- _EXERCISE DESCRIPTION_
Look through the records below, and whenever a line contains "Common", copy it.

- _AVAILABLE DATA_

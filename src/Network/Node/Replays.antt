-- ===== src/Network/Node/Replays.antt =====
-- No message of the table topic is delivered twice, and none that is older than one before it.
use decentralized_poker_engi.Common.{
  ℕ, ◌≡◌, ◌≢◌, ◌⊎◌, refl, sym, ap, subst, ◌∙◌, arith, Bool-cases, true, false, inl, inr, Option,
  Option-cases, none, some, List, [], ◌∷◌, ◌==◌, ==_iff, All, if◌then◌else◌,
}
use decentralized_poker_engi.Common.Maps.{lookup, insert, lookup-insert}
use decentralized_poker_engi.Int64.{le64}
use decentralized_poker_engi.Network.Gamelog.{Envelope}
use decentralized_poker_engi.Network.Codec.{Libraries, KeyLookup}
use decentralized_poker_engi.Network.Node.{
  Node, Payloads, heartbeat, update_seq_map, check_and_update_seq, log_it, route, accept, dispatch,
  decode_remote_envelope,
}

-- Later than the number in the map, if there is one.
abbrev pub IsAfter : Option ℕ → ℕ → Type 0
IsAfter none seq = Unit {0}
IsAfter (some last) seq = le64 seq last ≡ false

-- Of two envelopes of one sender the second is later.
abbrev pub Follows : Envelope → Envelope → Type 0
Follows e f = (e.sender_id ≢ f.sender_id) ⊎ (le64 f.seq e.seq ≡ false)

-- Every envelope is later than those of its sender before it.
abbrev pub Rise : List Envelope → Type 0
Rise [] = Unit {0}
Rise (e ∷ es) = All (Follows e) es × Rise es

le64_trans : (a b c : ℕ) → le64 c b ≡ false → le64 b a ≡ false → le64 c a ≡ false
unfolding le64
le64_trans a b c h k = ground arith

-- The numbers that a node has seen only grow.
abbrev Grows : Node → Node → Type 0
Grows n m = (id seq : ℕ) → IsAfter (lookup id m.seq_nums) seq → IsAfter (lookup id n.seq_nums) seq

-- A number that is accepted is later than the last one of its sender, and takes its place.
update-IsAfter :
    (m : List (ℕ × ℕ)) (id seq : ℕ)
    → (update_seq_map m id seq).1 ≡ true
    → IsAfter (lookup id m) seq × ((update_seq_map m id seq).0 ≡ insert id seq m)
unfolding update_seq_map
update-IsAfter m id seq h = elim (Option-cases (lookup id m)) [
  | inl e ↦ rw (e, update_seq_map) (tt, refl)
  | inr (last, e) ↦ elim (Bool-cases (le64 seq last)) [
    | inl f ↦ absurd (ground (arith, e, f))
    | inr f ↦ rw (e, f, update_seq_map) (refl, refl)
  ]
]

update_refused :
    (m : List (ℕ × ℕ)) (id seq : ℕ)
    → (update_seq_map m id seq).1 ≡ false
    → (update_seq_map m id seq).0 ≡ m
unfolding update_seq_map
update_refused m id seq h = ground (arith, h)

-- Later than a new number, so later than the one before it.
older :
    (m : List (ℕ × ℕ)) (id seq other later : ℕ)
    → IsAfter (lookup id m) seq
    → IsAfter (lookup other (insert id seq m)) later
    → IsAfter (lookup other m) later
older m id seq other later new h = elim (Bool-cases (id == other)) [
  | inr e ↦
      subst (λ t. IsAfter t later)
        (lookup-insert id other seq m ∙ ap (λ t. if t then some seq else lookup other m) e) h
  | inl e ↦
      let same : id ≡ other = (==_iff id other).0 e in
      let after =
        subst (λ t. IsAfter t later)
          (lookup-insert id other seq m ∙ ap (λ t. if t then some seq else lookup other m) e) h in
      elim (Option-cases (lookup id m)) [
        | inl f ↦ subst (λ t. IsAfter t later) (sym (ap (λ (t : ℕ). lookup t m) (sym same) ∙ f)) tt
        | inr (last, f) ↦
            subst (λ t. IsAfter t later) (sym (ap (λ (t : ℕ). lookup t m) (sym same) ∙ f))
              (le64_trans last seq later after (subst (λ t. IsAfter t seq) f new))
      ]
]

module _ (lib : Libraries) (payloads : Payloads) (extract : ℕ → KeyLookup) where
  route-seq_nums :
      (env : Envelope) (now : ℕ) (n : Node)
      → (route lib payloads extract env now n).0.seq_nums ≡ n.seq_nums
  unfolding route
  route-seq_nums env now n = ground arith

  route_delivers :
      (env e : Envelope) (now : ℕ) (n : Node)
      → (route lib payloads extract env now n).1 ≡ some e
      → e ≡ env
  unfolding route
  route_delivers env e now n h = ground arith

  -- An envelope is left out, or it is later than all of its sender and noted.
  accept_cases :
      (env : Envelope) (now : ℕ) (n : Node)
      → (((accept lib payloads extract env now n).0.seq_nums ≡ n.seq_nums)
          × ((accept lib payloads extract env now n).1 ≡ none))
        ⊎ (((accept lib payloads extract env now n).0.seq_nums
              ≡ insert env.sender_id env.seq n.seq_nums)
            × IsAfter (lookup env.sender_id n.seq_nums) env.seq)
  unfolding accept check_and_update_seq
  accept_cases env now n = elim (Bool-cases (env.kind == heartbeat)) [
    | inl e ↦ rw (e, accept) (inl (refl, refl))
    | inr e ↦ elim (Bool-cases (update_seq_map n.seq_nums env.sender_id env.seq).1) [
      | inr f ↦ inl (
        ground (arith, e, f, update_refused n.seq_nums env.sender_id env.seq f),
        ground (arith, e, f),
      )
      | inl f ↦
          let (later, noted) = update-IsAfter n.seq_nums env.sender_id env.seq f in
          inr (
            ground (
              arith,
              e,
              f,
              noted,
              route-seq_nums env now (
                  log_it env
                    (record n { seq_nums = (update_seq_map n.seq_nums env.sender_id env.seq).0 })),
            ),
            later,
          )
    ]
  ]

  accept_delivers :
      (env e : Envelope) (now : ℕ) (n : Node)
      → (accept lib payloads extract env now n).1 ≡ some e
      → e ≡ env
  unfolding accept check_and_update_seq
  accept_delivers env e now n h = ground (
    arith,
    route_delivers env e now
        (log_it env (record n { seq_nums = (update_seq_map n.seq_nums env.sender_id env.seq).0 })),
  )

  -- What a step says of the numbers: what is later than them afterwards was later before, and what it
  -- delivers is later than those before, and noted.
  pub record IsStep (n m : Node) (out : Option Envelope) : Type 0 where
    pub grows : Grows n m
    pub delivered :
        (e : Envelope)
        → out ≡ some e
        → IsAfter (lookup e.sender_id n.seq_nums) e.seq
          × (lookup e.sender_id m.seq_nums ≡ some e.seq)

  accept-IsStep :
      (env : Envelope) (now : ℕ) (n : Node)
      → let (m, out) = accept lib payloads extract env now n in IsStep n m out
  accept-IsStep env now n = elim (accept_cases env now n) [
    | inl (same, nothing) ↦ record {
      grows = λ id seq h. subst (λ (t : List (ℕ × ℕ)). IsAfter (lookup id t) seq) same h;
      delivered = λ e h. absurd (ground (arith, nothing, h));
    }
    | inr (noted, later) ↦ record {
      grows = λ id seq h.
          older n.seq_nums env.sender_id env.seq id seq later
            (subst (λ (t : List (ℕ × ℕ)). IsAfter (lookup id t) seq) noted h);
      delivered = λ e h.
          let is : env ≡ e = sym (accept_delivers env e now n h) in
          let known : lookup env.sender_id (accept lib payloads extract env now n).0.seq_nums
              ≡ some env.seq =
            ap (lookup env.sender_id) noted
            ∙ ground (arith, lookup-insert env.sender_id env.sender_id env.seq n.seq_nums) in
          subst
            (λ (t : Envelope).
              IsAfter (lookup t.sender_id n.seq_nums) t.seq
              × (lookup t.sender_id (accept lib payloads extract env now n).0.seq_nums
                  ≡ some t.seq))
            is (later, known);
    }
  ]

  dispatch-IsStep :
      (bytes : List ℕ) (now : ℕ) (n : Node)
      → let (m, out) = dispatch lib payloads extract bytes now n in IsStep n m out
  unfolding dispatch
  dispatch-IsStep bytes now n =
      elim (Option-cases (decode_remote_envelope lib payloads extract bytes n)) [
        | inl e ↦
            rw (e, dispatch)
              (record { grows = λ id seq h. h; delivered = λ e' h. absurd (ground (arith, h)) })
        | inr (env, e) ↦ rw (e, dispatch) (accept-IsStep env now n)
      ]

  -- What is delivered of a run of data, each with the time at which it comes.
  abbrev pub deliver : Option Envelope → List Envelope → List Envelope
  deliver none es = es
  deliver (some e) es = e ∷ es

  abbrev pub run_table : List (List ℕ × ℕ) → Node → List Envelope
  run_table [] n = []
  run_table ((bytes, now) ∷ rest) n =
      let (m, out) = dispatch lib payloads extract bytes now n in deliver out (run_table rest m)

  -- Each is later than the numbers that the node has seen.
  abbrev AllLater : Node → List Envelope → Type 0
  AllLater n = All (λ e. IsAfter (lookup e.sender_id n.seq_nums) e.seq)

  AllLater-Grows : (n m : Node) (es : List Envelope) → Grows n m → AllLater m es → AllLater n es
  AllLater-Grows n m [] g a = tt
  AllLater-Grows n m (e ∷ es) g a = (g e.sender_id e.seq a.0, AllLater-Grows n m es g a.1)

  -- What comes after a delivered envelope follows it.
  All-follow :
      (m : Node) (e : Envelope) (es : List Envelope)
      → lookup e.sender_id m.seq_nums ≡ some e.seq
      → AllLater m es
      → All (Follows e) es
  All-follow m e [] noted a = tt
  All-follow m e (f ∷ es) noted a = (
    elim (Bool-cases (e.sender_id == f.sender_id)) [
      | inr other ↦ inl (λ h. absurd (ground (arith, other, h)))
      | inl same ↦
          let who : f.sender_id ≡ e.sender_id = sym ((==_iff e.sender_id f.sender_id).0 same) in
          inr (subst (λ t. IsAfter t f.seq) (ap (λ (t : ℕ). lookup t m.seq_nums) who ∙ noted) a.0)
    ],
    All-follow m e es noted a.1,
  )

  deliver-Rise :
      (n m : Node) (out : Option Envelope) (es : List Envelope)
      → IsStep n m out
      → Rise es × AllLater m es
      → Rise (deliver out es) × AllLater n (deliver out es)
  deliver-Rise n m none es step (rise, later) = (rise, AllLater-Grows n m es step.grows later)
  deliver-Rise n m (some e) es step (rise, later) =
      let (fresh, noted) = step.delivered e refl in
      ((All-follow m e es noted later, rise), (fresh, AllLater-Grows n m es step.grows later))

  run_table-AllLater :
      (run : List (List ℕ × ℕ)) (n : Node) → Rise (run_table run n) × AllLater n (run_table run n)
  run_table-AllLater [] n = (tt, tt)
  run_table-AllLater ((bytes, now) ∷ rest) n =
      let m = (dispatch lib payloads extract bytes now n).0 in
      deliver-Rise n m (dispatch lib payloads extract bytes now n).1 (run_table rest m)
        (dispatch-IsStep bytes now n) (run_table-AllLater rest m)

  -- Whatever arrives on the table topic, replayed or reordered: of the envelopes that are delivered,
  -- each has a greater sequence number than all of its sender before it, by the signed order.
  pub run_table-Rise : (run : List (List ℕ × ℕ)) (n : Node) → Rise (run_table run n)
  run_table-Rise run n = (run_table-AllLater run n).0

- _RESPONSE BOX_
use decentralized_poker_engi.Common.{
use decentralized_poker_engi.Common.Maps.{lookup, insert, lookup-insert}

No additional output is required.